### Your objective
Every line below that mentions the word "operation" should be copied out.

[Stored items]
- - - - -
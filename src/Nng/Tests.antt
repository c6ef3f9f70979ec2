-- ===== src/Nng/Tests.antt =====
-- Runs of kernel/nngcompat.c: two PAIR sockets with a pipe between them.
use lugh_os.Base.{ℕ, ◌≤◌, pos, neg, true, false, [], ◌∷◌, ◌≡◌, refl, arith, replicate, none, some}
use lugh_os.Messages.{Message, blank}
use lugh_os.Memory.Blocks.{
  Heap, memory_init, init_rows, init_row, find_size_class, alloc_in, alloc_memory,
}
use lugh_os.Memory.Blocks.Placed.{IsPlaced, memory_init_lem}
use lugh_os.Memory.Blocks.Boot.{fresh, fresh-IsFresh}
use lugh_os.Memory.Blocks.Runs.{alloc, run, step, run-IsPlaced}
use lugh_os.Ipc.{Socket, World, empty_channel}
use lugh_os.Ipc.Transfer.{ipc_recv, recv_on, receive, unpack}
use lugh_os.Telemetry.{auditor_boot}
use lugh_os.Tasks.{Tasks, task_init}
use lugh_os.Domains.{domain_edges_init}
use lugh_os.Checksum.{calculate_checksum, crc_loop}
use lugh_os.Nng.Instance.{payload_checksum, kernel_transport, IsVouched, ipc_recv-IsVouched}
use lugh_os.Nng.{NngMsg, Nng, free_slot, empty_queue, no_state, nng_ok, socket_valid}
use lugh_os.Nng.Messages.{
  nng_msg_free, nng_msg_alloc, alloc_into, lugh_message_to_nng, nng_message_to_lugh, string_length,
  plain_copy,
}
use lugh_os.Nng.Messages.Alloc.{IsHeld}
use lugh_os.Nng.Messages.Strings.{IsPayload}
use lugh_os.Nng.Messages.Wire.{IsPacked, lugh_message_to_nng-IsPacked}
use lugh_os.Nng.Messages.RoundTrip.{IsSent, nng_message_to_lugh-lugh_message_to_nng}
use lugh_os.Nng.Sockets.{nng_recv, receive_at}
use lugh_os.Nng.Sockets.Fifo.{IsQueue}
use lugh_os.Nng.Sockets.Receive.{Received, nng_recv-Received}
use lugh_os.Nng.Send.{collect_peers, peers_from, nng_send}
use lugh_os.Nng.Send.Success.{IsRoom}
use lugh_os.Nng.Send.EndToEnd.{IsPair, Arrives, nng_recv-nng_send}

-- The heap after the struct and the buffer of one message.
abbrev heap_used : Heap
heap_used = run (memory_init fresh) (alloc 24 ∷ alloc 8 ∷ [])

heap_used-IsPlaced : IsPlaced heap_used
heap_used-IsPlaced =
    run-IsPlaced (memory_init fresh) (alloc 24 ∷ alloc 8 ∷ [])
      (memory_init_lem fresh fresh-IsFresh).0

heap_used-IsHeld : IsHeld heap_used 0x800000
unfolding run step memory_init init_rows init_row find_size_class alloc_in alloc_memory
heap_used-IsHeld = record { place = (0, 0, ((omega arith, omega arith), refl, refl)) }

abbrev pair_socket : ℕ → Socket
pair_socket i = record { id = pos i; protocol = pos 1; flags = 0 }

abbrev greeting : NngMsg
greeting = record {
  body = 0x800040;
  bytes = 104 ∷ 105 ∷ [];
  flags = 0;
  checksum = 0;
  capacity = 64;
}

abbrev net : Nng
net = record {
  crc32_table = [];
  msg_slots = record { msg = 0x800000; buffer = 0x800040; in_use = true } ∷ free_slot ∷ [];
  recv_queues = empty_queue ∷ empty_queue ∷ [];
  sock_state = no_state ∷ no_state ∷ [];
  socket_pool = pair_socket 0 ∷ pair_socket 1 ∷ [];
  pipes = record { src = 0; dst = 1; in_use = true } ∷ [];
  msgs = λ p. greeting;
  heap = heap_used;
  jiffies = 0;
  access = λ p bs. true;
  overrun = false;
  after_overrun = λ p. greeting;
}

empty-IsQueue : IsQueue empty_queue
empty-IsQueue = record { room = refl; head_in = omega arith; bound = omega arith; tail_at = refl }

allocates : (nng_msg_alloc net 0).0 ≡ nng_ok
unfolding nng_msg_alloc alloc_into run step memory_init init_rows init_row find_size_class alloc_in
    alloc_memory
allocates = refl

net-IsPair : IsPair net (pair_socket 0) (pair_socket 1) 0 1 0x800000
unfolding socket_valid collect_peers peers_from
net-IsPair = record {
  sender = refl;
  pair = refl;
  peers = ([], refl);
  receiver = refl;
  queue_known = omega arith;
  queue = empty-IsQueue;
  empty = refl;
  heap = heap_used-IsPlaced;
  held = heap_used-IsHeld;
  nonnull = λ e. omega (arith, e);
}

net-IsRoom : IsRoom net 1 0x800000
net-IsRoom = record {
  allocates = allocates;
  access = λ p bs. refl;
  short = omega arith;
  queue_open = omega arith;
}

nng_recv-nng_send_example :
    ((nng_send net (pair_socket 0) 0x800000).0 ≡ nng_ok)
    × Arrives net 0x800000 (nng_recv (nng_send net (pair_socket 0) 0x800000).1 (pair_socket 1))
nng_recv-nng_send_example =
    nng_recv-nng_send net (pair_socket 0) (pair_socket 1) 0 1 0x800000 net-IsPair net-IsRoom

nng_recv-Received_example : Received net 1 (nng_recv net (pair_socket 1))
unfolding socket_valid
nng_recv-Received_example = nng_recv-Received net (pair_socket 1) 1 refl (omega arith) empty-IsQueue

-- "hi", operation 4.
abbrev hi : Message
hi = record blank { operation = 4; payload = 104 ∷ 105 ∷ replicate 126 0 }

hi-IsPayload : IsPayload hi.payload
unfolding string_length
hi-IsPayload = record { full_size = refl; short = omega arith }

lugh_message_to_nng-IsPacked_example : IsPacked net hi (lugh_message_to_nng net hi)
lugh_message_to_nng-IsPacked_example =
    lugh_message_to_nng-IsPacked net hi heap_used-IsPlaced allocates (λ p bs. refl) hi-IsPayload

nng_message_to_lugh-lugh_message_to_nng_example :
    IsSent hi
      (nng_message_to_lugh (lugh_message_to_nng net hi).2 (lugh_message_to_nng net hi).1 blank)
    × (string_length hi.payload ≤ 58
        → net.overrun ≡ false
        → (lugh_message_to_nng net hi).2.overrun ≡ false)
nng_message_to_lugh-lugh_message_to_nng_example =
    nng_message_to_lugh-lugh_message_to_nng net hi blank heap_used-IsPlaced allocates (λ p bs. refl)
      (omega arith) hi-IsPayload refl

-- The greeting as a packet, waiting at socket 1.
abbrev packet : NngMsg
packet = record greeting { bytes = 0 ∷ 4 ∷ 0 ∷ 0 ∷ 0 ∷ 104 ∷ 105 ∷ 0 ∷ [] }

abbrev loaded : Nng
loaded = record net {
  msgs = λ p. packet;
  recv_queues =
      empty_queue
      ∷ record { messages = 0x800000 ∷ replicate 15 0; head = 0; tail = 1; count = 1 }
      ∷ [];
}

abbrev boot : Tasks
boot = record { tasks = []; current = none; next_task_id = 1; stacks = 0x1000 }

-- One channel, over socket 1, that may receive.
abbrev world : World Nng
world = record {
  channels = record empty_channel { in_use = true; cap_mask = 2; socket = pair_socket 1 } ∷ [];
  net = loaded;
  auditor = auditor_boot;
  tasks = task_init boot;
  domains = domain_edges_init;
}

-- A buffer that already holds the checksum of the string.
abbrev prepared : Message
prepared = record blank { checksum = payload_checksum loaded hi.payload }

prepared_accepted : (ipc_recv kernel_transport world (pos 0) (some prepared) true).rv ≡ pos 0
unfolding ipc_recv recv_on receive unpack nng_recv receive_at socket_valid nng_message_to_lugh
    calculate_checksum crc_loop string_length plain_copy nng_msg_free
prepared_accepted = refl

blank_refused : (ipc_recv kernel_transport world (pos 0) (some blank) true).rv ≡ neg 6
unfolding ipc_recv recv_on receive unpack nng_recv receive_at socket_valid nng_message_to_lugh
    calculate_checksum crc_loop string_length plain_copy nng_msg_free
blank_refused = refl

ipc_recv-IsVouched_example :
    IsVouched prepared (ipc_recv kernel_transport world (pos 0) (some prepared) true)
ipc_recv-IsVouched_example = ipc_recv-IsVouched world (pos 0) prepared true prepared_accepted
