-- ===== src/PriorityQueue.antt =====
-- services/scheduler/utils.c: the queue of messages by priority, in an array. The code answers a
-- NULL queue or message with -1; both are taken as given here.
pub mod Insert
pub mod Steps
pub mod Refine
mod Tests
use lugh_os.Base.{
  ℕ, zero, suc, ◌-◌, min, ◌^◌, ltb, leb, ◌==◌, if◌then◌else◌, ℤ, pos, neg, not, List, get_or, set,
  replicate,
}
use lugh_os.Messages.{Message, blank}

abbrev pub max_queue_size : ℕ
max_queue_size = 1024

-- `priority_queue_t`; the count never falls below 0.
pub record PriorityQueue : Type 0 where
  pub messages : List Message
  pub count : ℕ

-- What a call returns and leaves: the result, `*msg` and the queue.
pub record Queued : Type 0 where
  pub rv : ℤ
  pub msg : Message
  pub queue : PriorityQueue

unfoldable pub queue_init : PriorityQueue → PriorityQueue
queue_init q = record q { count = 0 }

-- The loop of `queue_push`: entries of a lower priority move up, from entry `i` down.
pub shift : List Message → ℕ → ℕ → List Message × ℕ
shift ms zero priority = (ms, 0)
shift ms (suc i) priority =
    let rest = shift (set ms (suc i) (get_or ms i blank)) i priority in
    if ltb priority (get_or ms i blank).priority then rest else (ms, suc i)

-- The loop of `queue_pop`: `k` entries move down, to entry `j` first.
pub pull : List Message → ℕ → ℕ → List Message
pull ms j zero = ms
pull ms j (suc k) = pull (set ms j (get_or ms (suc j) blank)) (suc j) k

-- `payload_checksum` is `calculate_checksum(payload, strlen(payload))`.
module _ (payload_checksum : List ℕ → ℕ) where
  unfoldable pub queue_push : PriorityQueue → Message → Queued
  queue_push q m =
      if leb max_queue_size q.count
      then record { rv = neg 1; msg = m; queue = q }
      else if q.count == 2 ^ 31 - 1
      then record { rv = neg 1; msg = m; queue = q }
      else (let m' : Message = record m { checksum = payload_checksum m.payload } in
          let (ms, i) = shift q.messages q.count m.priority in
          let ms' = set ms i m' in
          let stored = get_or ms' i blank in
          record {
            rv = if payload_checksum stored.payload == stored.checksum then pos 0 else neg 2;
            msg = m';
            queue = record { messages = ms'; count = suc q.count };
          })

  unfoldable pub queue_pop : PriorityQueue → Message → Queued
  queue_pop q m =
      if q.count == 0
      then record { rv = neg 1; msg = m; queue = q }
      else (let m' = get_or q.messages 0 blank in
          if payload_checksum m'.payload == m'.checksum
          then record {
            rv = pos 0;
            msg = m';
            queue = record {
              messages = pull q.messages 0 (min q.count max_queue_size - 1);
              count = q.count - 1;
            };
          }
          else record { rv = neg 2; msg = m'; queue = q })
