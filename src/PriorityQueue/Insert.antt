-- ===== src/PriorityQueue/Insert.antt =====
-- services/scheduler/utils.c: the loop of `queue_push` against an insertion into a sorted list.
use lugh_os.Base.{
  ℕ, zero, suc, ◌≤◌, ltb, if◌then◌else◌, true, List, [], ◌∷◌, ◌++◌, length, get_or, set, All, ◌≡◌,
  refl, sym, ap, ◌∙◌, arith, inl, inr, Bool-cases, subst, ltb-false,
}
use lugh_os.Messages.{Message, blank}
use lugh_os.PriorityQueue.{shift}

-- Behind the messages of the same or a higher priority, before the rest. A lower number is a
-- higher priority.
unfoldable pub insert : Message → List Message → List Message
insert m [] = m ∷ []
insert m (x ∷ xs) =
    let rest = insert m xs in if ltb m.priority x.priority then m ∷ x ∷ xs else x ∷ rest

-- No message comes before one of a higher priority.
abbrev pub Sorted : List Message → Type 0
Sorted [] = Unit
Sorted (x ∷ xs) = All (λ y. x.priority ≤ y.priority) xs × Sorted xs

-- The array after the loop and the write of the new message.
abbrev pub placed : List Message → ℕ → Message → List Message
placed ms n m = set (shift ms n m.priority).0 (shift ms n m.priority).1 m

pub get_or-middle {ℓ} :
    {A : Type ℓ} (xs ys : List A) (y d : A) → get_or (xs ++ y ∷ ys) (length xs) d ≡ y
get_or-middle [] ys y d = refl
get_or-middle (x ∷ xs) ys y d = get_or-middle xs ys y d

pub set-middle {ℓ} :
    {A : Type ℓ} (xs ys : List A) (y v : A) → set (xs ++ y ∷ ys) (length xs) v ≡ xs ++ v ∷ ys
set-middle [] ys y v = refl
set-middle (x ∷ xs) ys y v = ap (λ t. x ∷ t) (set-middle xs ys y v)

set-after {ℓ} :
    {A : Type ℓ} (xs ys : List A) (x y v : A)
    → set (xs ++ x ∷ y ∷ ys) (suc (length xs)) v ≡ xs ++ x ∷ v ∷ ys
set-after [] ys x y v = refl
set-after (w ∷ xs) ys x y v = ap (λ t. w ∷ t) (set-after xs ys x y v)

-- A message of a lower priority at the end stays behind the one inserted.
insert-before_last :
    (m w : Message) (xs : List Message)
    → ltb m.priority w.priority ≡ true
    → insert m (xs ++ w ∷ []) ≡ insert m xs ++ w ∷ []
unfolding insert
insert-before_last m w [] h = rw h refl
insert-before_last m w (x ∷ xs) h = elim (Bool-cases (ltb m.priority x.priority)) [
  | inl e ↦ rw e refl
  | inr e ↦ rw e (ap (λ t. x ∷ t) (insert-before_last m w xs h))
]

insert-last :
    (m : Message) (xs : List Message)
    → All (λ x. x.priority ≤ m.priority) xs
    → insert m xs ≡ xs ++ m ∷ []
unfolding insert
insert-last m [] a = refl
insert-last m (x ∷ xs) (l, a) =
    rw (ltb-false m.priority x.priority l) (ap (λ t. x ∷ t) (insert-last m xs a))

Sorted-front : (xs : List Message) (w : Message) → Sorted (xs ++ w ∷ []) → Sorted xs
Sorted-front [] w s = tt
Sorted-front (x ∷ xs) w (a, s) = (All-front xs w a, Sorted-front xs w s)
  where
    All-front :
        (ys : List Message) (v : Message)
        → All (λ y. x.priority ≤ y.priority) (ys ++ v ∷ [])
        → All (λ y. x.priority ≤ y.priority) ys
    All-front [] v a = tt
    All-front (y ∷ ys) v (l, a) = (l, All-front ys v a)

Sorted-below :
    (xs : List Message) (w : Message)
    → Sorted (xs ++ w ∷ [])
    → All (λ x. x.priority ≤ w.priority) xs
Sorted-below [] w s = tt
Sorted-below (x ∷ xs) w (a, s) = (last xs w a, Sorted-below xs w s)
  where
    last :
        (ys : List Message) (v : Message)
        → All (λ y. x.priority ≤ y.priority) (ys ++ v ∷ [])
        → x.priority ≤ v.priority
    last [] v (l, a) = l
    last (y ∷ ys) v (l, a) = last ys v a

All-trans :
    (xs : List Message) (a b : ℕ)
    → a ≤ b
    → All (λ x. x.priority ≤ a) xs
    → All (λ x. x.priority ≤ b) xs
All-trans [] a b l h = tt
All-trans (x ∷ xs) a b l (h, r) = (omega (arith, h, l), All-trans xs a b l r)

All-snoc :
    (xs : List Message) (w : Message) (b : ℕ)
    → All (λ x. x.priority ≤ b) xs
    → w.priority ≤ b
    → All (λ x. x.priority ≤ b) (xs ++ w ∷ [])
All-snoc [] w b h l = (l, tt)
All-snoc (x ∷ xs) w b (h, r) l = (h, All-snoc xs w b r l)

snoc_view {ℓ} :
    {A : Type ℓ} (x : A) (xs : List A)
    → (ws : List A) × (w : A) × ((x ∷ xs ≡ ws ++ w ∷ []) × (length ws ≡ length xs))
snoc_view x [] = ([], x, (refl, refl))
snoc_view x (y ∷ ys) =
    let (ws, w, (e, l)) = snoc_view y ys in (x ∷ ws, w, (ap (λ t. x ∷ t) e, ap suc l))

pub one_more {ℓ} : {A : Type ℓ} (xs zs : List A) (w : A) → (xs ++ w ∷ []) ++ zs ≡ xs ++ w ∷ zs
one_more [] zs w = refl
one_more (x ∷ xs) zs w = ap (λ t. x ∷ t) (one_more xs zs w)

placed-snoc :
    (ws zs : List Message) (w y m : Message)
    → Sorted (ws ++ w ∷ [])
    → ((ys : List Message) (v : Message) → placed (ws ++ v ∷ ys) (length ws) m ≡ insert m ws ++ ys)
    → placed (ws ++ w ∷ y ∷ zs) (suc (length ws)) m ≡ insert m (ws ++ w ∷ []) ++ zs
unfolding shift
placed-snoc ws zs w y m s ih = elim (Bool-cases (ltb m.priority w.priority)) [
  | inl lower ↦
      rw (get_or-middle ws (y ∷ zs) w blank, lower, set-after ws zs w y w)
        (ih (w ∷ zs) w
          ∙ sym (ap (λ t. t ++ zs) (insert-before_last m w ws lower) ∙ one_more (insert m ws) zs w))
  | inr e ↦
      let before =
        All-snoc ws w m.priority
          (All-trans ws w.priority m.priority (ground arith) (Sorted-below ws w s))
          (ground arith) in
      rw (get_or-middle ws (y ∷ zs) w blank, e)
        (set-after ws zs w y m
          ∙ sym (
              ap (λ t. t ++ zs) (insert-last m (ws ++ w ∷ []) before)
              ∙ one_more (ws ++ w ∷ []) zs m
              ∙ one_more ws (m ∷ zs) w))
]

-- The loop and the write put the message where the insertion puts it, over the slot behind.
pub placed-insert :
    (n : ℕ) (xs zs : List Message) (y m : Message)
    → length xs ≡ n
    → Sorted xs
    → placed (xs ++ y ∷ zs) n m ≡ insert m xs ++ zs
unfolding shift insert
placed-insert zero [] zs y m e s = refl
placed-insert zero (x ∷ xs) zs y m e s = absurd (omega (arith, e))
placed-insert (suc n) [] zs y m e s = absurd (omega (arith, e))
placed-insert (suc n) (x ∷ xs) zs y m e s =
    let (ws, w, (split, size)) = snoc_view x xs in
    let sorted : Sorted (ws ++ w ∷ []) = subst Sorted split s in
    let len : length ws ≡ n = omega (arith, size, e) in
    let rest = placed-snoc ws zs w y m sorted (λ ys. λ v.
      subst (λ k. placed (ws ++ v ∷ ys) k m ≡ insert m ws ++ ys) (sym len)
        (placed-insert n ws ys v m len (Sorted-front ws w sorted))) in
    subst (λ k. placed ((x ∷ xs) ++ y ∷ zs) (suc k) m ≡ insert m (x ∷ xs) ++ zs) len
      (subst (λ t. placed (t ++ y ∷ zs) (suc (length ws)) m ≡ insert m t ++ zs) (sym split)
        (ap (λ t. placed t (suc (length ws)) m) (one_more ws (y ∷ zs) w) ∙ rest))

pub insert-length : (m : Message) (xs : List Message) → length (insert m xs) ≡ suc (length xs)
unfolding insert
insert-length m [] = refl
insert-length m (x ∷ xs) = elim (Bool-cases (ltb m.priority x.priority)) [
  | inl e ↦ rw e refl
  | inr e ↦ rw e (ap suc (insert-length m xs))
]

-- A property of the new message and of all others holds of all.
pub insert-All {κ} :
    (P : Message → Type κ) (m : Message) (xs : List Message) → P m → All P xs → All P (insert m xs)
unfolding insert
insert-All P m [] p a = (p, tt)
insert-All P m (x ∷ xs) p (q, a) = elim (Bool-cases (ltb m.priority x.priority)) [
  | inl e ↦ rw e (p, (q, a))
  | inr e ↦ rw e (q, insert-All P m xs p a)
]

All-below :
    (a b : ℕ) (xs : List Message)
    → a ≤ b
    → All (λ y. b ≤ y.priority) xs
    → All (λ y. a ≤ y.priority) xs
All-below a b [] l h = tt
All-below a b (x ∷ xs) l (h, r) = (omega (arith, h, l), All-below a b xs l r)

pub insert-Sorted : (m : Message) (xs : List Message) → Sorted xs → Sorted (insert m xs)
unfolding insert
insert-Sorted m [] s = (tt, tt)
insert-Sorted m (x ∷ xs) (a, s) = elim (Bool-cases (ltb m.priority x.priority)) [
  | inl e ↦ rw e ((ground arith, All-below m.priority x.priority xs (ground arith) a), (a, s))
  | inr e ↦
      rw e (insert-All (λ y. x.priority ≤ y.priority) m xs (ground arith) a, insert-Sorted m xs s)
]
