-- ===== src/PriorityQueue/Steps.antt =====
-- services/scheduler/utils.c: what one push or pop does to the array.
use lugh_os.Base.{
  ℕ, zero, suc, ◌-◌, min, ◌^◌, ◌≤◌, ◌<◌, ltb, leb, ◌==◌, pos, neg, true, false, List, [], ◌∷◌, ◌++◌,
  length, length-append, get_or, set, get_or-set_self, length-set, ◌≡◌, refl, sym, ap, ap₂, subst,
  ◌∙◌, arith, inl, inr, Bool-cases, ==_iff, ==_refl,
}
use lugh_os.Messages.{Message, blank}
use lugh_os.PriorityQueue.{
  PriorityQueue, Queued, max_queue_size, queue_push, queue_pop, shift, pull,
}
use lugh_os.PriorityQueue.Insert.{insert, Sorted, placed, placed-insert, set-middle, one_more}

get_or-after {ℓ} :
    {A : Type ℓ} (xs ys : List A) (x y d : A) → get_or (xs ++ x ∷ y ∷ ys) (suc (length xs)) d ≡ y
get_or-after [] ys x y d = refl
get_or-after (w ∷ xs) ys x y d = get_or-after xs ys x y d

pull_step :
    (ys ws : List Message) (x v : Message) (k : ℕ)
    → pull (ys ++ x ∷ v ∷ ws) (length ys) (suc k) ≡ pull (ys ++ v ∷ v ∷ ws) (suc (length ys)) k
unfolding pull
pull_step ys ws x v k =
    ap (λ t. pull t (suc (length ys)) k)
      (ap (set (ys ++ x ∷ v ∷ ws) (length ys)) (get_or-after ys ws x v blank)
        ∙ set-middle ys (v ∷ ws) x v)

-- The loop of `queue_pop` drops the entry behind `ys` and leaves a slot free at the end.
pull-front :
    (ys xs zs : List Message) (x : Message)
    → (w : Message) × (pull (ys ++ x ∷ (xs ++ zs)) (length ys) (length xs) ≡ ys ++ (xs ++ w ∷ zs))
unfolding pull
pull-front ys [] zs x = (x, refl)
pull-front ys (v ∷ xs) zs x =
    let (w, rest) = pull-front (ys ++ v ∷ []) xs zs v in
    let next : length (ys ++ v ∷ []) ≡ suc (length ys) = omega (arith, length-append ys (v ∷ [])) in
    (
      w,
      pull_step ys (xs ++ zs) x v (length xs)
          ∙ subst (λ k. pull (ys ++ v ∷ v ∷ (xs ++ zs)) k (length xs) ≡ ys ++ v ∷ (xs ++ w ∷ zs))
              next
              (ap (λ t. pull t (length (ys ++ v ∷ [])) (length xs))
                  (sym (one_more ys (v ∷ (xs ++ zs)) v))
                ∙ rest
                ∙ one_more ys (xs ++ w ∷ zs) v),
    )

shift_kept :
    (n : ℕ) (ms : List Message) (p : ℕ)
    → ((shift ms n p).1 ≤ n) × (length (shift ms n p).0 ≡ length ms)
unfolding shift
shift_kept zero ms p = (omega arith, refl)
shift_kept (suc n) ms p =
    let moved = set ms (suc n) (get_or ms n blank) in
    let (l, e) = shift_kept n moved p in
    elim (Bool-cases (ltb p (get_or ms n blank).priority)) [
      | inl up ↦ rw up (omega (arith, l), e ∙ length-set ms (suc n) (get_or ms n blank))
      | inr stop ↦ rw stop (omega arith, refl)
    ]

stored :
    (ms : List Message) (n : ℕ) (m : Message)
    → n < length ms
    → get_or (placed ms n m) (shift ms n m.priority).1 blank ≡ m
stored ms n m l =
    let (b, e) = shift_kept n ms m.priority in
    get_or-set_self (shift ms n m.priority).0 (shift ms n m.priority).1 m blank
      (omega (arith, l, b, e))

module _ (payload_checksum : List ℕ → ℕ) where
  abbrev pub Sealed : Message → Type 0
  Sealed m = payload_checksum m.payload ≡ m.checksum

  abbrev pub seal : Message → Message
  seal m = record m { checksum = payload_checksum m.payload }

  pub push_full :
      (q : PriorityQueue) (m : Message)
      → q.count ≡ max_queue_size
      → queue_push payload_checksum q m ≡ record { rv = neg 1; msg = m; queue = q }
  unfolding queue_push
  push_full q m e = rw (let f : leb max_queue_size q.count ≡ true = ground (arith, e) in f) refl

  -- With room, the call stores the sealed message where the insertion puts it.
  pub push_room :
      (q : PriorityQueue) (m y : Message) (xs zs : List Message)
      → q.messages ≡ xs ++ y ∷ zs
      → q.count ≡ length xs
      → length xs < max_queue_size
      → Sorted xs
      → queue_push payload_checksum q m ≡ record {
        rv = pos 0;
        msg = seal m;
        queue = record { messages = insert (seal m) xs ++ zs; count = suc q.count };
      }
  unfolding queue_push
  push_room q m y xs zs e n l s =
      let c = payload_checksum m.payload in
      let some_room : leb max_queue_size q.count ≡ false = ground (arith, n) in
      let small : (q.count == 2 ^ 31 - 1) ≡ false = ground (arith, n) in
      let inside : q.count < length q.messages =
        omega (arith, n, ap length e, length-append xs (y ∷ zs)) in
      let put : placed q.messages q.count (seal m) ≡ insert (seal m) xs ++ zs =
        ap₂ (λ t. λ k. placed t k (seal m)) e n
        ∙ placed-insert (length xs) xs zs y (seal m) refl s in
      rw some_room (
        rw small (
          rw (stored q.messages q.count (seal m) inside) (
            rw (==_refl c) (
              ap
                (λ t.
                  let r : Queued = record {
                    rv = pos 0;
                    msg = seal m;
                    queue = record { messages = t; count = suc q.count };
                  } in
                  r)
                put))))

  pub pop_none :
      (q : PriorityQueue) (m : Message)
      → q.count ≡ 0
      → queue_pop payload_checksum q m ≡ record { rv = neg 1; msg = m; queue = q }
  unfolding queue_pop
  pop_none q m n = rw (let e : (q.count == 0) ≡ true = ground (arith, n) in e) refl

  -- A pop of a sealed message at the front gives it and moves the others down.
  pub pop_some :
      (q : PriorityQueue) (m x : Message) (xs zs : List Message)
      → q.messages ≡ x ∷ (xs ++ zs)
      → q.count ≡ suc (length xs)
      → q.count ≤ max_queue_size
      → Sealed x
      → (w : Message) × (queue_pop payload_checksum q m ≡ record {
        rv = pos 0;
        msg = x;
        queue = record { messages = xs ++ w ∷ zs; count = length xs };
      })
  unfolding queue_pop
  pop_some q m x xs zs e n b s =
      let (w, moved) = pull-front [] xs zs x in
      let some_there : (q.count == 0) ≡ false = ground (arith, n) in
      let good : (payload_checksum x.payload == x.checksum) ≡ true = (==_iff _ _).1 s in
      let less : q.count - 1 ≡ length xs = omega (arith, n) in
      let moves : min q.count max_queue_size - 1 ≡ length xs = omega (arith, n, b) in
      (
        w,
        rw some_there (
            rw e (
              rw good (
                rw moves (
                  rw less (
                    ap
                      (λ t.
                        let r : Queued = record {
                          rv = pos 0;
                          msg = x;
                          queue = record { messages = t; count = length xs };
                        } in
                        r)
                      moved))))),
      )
- - - - -
### Problem solution
-- "hi", operation 4.
hi = record blank { operation = 4; payload = 104 ∷ 105 ∷ replicate 126 0 }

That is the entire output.